What you need to do — Only one stretch of the records below is wanted: the lines from the one holding "(λ w c' v'. with_walked-Settled" through the one holding "(Settled-lift used (f ∷ []) (get_rstat". Return it exactly, both ends included.

Stored data —

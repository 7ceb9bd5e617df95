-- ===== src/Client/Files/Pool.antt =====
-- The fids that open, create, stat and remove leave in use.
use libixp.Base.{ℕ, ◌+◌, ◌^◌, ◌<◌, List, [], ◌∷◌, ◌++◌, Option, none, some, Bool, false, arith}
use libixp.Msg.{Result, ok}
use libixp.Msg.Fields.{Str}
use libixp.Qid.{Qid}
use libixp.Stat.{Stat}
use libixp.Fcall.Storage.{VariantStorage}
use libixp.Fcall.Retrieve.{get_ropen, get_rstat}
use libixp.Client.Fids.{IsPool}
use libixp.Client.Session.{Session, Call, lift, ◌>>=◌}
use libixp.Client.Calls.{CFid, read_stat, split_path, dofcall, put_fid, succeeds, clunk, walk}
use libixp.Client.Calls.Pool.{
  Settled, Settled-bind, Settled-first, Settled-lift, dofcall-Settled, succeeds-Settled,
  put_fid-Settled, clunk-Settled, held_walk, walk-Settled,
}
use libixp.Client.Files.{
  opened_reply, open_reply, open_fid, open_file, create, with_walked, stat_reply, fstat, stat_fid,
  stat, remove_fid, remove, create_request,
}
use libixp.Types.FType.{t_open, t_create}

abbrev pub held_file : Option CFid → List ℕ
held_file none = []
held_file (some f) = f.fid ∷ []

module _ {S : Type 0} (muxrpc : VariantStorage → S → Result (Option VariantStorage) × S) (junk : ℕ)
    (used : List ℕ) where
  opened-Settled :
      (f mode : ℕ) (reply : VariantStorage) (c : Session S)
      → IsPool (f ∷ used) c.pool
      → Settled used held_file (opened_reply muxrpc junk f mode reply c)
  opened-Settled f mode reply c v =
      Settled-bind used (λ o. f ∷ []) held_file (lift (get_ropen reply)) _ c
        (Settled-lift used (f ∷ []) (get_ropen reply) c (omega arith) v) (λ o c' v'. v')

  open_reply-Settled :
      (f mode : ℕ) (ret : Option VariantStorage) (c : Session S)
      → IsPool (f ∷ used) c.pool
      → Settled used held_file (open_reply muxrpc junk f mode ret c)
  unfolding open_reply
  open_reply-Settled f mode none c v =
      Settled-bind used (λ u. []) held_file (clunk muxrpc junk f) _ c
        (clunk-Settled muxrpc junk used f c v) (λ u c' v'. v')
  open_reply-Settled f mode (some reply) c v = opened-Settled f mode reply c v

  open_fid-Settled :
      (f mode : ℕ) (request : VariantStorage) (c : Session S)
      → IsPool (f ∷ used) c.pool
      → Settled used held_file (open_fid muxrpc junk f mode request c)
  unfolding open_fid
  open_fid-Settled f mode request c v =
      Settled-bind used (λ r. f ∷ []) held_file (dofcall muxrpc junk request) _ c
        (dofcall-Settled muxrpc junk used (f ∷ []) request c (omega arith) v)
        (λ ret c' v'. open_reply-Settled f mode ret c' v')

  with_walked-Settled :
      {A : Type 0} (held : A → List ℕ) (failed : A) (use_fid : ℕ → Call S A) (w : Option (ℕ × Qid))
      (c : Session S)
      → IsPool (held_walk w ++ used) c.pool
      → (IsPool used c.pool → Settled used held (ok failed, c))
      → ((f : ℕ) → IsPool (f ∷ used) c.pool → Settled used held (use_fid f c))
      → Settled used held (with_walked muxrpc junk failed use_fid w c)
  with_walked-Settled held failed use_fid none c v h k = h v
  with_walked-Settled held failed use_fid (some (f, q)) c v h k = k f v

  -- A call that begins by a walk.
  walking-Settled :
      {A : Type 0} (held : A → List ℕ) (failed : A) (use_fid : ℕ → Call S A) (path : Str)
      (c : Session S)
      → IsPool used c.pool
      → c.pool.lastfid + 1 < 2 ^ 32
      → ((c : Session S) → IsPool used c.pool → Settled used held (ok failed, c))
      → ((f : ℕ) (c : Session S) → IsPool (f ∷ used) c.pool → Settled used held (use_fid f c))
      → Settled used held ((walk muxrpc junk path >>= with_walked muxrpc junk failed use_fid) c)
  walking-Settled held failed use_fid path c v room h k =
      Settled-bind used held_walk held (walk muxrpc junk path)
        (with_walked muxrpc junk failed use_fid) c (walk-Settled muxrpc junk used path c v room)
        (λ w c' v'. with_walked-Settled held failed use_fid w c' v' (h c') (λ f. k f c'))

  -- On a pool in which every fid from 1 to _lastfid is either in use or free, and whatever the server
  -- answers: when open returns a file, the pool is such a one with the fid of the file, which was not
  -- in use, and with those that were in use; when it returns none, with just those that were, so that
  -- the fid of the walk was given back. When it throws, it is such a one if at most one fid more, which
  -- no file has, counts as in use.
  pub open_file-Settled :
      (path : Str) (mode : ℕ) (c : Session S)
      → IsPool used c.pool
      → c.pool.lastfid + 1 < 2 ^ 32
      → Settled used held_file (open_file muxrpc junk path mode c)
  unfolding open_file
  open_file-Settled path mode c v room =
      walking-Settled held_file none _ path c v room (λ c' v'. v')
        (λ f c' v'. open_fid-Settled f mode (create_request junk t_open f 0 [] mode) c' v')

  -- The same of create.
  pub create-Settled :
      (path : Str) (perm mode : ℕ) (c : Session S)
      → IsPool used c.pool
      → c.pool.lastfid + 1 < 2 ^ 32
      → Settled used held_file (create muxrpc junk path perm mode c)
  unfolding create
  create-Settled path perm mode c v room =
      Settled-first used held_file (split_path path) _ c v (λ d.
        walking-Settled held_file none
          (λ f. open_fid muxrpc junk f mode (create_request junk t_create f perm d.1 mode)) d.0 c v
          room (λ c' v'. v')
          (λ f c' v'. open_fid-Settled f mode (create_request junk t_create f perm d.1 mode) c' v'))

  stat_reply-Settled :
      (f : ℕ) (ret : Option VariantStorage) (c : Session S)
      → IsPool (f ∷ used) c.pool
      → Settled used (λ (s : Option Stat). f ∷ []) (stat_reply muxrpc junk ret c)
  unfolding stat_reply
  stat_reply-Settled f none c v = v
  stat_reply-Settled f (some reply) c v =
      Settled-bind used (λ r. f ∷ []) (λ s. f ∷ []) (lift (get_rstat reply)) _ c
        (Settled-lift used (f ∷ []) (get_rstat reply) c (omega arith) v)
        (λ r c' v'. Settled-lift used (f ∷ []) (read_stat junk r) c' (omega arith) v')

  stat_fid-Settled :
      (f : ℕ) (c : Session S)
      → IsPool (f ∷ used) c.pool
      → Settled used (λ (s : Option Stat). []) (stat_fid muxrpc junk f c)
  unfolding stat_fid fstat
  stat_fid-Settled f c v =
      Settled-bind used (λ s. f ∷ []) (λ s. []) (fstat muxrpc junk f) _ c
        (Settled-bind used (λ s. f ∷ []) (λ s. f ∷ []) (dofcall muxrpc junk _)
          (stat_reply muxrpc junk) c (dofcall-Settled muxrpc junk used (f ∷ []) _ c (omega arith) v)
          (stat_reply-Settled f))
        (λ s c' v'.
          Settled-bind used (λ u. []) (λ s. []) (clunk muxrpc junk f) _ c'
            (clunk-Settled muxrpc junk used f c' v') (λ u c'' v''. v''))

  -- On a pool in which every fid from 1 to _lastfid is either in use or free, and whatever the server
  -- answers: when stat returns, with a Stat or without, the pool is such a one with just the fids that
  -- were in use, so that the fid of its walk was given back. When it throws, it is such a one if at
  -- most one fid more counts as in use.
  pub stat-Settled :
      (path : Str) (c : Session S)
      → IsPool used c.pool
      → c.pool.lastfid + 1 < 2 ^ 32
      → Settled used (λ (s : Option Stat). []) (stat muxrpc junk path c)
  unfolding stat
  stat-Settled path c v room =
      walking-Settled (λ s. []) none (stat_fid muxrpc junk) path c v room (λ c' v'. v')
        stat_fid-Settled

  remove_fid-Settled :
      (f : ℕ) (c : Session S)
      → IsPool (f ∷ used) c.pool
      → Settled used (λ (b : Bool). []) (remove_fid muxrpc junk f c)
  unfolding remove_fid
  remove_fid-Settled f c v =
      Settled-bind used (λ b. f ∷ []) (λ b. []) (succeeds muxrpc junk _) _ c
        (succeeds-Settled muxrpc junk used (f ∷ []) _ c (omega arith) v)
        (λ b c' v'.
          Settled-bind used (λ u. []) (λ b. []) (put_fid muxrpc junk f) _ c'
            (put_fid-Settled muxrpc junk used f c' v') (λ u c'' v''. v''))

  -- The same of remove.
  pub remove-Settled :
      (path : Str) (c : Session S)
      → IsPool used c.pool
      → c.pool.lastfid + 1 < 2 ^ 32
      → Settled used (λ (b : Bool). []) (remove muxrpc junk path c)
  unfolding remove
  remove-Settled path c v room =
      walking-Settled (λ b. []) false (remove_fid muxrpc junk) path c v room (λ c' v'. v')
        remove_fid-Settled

Exercise response —
        (λ w c' v'. with_walked-Settled held failed use_fid w c' v' (h c') (λ f. k f c'))

  -- On a pool in which every fid from 1 to _lastfid is either in use or free, and whatever the server
  -- answers: when open returns a file, the pool is such a one with the fid of the file, which was not
  -- in use, and with those that were in use; when it returns none, with just those that were, so that
  -- the fid of the walk was given back. When it throws, it is such a one if at most one fid more, which
  -- no file has, counts as in use.
  pub open_file-Settled :
      (path : Str) (mode : ℕ) (c : Session S)
      → IsPool used c.pool
      → c.pool.lastfid + 1 < 2 ^ 32
      → Settled used held_file (open_file muxrpc junk path mode c)
  unfolding open_file
  open_file-Settled path mode c v room =
      walking-Settled held_file none _ path c v room (λ c' v'. v')
        (λ f c' v'. open_fid-Settled f mode (create_request junk t_open f 0 [] mode) c' v')

  -- The same of create.
  pub create-Settled :
      (path : Str) (perm mode : ℕ) (c : Session S)
      → IsPool used c.pool
      → c.pool.lastfid + 1 < 2 ^ 32
      → Settled used held_file (create muxrpc junk path perm mode c)
  unfolding create
  create-Settled path perm mode c v room =
      Settled-first used held_file (split_path path) _ c v (λ d.
        walking-Settled held_file none
          (λ f. open_fid muxrpc junk f mode (create_request junk t_create f perm d.1 mode)) d.0 c v
          room (λ c' v'. v')
          (λ f c' v'. open_fid-Settled f mode (create_request junk t_create f perm d.1 mode) c' v'))

  stat_reply-Settled :
      (f : ℕ) (ret : Option VariantStorage) (c : Session S)
      → IsPool (f ∷ used) c.pool
      → Settled used (λ (s : Option Stat). f ∷ []) (stat_reply muxrpc junk ret c)
  unfolding stat_reply
  stat_reply-Settled f none c v = v
  stat_reply-Settled f (some reply) c v =
      Settled-bind used (λ r. f ∷ []) (λ s. f ∷ []) (lift (get_rstat reply)) _ c
        (Settled-lift used (f ∷ []) (get_rstat reply) c (omega arith) v)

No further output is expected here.